* **Work item**: Which lines below fall between the one containing "changed_paths-Compared before (p" and the one containing "subst (Compared before (tree c) (p"? Repeat them exactly, counting both of those lines, and add nothing else.

* **The records**:
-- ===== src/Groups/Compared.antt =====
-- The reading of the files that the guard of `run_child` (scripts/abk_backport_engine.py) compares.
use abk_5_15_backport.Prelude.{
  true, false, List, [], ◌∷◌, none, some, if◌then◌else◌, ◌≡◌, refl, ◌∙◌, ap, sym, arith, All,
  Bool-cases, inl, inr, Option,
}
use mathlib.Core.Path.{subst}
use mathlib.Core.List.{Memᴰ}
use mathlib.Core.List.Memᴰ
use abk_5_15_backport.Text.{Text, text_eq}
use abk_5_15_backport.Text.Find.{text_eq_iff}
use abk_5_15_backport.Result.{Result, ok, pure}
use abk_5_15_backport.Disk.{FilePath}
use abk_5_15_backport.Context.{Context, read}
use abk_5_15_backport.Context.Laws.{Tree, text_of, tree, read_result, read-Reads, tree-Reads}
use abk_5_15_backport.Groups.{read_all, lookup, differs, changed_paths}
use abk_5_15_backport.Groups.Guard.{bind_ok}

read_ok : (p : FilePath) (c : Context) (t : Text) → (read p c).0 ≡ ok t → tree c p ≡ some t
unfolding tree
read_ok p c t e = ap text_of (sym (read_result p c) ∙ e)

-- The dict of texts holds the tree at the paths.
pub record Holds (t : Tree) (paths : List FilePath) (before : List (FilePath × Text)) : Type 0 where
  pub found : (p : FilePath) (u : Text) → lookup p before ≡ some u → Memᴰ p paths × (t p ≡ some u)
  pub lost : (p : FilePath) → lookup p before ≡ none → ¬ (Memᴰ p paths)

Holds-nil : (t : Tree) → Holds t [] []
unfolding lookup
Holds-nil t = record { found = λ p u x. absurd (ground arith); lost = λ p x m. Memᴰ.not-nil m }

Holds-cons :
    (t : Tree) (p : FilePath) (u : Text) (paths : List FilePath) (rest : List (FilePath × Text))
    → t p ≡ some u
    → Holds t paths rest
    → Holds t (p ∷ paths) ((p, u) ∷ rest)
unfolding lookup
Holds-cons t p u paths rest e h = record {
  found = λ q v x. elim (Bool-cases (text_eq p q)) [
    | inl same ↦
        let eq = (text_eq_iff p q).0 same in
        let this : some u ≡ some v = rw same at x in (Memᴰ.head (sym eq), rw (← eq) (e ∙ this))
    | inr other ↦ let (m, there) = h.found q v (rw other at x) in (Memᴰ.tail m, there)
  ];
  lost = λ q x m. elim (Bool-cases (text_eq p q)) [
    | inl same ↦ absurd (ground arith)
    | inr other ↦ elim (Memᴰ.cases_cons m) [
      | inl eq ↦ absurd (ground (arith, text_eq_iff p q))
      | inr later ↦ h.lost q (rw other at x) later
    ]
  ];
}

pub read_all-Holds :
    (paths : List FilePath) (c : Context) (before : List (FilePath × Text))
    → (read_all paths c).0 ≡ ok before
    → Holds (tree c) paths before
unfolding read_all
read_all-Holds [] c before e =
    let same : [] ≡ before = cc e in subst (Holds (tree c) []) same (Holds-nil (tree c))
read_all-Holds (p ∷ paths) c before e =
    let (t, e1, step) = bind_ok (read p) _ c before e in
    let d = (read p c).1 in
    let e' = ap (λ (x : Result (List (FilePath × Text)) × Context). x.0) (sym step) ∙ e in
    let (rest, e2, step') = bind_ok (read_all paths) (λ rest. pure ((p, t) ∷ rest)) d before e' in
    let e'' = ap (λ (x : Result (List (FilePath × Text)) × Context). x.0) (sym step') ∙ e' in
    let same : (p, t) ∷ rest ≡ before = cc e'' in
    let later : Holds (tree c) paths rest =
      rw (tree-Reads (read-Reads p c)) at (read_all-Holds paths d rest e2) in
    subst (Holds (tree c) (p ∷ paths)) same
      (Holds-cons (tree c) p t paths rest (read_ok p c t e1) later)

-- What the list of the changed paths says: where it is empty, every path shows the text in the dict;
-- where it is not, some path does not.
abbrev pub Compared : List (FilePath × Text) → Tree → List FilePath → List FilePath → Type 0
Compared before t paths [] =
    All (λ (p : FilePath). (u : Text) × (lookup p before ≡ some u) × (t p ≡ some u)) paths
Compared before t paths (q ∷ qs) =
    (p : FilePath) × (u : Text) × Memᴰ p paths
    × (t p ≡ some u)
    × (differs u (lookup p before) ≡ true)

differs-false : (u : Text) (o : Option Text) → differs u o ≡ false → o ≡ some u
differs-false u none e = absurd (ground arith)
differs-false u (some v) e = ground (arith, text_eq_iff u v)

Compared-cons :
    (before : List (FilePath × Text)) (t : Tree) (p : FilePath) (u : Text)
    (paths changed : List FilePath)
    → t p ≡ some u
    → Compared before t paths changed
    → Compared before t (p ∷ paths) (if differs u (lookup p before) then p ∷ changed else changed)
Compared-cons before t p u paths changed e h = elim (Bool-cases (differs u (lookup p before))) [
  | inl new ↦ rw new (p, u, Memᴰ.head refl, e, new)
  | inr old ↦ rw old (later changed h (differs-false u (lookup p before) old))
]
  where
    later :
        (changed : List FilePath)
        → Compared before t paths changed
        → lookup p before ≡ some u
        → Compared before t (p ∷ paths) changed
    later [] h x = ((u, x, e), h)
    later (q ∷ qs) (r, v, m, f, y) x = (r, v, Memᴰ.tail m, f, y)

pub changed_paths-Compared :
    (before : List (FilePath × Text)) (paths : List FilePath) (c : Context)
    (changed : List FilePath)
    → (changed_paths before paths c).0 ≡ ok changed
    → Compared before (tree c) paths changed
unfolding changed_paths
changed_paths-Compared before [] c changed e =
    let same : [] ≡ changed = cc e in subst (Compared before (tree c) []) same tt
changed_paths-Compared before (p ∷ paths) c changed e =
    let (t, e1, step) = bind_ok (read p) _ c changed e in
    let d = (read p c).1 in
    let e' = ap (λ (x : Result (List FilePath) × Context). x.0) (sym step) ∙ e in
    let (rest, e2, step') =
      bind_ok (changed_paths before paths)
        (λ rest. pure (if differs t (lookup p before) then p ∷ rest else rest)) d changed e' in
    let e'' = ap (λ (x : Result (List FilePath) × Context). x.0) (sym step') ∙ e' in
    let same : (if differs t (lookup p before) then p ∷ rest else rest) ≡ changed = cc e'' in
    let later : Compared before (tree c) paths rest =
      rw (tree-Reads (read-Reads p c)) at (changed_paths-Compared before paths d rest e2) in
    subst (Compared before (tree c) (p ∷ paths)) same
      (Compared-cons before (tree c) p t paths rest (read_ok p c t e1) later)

* **Written answer**:
changed_paths-Compared before (p ∷ paths) c changed e =
    let (t, e1, step) = bind_ok (read p) _ c changed e in
    let d = (read p c).1 in
    let e' = ap (λ (x : Result (List FilePath) × Context). x.0) (sym step) ∙ e in
    let (rest, e2, step') =
      bind_ok (changed_paths before paths)
        (λ rest. pure (if differs t (lookup p before) then p ∷ rest else rest)) d changed e' in
    let e'' = ap (λ (x : Result (List FilePath) × Context). x.0) (sym step') ∙ e' in
    let same : (if differs t (lookup p before) then p ∷ rest else rest) ≡ changed = cc e'' in
    let later : Compared before (tree c) paths rest =
      rw (tree-Reads (read-Reads p c)) at (changed_paths-Compared before paths d rest e2) in
    subst (Compared before (tree c) (p ∷ paths)) same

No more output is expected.